***** Information supplied

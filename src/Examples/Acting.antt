-- ===== src/Examples/Acting.antt =====
-- A deposit, a withdrawal and a credit of src/actions, with a wallet and a node that say yes.
use marinade_tenderize_from.Prelude.{ℕ, ◌+◌, ◌≡◌, refl, true, false, none, some, List, [], ◌∷◌}
use marinade_tenderize_from.Effect.{ok}
use marinade_tenderize_from.Effect.Ensures.{Ends}
use marinade_tenderize_from.Web3.{fulfilled}
use marinade_tenderize_from.Cache.Store.{empty_store}
use marinade_tenderize_from.Web.Builders.{Tenderize}
use marinade_tenderize_from.Actions.Wallet.{
  WebInstruction, create_account, init_account, close_account, approve_delegate, revoke_delegate,
  call_program, WebNet, WebSession,
}
use marinade_tenderize_from.Actions.Accounts.{TokenAccount}
use marinade_tenderize_from.Actions.Flows.{deposit, withdraw, credit}
use marinade_tenderize_from.Actions.Stage.{SignerLaws, marked}
use marinade_tenderize_from.Actions.Asked.{IsAsked, Asks, AsksOrNot, AsksQuietly}
use marinade_tenderize_from.Actions.Asked.Calls.{IsDeposit, IsWithdrawal, IsCredit}
use marinade_tenderize_from.Actions.Asked.Whole.{deposit-Asks, withdraw-Asks, credit-Asks}
use marinade_tenderize_from.Examples.Builders.{libraries, web_ids}
use marinade_tenderize_from.Examples.Cached.{byte_layouts, an_account}

abbrev pub agreeing : WebNet
agreeing = record {
  Net = Unit {0};
  Signed = Unit {0};
  get_minimum_balance_for_rent_exemption = λ size net. (fulfilled 2, net);
  get_account_info = λ k net. (fulfilled (some an_account), net);
  get_recent_blockhash = λ net. (fulfilled 77, net);
  sign_transaction = λ tx net. (fulfilled tt, net);
  serialize = λ tx. ok [];
  send_raw_transaction = λ raw net. (fulfilled 5, net);
  confirm_transaction = λ txid net. (fulfilled false, net);
  get_parsed_confirmed_transaction = λ txid net. (fulfilled tt, net);
  meanwhile = λ net cache. cache;
  new_account = λ count. 100 + count;
}

abbrev pub must_sign : WebInstruction → List ℕ
must_sign (create_account c) = c.from_pubkey ∷ c.new_account_pubkey ∷ []
must_sign (init_account mint account owner) = []
must_sign (close_account account destination owner) = owner ∷ []
must_sign (approve_delegate account delegate owner amount) = owner ∷ []
must_sign (revoke_delegate account owner) = owner ∷ []
must_sign (call_program t) = marked t.keys

pub must_sign-SignerLaws : SignerLaws must_sign
must_sign-SignerLaws = record {
  creates = λ c. refl;
  inits = λ mint account owner. refl;
  closes = λ account destination owner. refl;
  approves = λ account delegate owner amount. refl;
  revokes = λ account owner. refl;
  calls = λ t. refl;
}

abbrev pub new_session : WebSession agreeing
new_session = record {
  net = tt;
  cache = empty_store;
  made = 0;
  instructions = [];
  cleanup_instructions = [];
  signers = [];
  presented = [];
}

-- The lamports of the wallet 30.
abbrev pub native_lamports : TokenAccount
native_lamports = record {
  pubkey = 30;
  info = record {
    mint = 5;
    owner = 30;
    amount = 900;
    delegate = none;
    delegated_amount = 0;
    is_initialized = true;
    is_frozen = false;
    is_native = true;
    rent_exempt_reserve = none;
    close_authority = none;
  };
}

abbrev pub the_pool : Tenderize ℕ
the_pool = record { credit_list = 12; pool_mint = 13; credit_reserve = 14 }

deposit-Asks_example :
    Ends
      (λ a s'.
        Asks
          (IsAsked must_sign (IsDeposit web_ids libraries 30 native_lamports 8) 30 8 8)
          []
          s'.presented)
      (λ e s'.
        AsksOrNot
          (IsAsked must_sign (IsDeposit web_ids libraries 30 native_lamports 8) 30 8 8)
          []
          s'.presented)
      (deposit agreeing web_ids libraries byte_layouts native_lamports 8 (some 30) new_session)
deposit-Asks_example =
    deposit-Asks must_sign must_sign-SignerLaws agreeing web_ids libraries byte_layouts 30
      native_lamports 8 new_session

withdraw-Asks_example :
    Ends
      (λ o s'.
        AsksQuietly
          (IsAsked must_sign (IsWithdrawal web_ids libraries 30 8 the_pool 30) 30 8 8)
          []
          o
          s'.presented)
      (λ e s'. s'.presented ≡ [])
      (withdraw agreeing web_ids libraries byte_layouts native_lamports 8
        (some 30)
        the_pool
        new_session)
withdraw-Asks_example =
    withdraw-Asks must_sign must_sign-SignerLaws agreeing web_ids libraries byte_layouts 30
      native_lamports 8 the_pool new_session

credit-Asks_example :
    Ends
      (λ o s'.
        AsksQuietly
          (IsAsked must_sign (IsCredit web_ids libraries 30 8 the_pool 30) 30 8 8)
          []
          o
          s'.presented)
      (λ e s'. s'.presented ≡ [])
      (credit agreeing web_ids libraries byte_layouts native_lamports 8
        (some 30)
        the_pool
        new_session)
credit-Asks_example =
    credit-Asks must_sign must_sign-SignerLaws agreeing web_ids libraries byte_layouts 30
      native_lamports 8 the_pool new_session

**********

Task to carry out:
Go through the entries and return each line where the word "Builders" occurs.

Answer box:
use marinade_tenderize_from.Web.Builders.{Tenderize}
use marinade_tenderize_from.Examples.Builders.{libraries, web_ids}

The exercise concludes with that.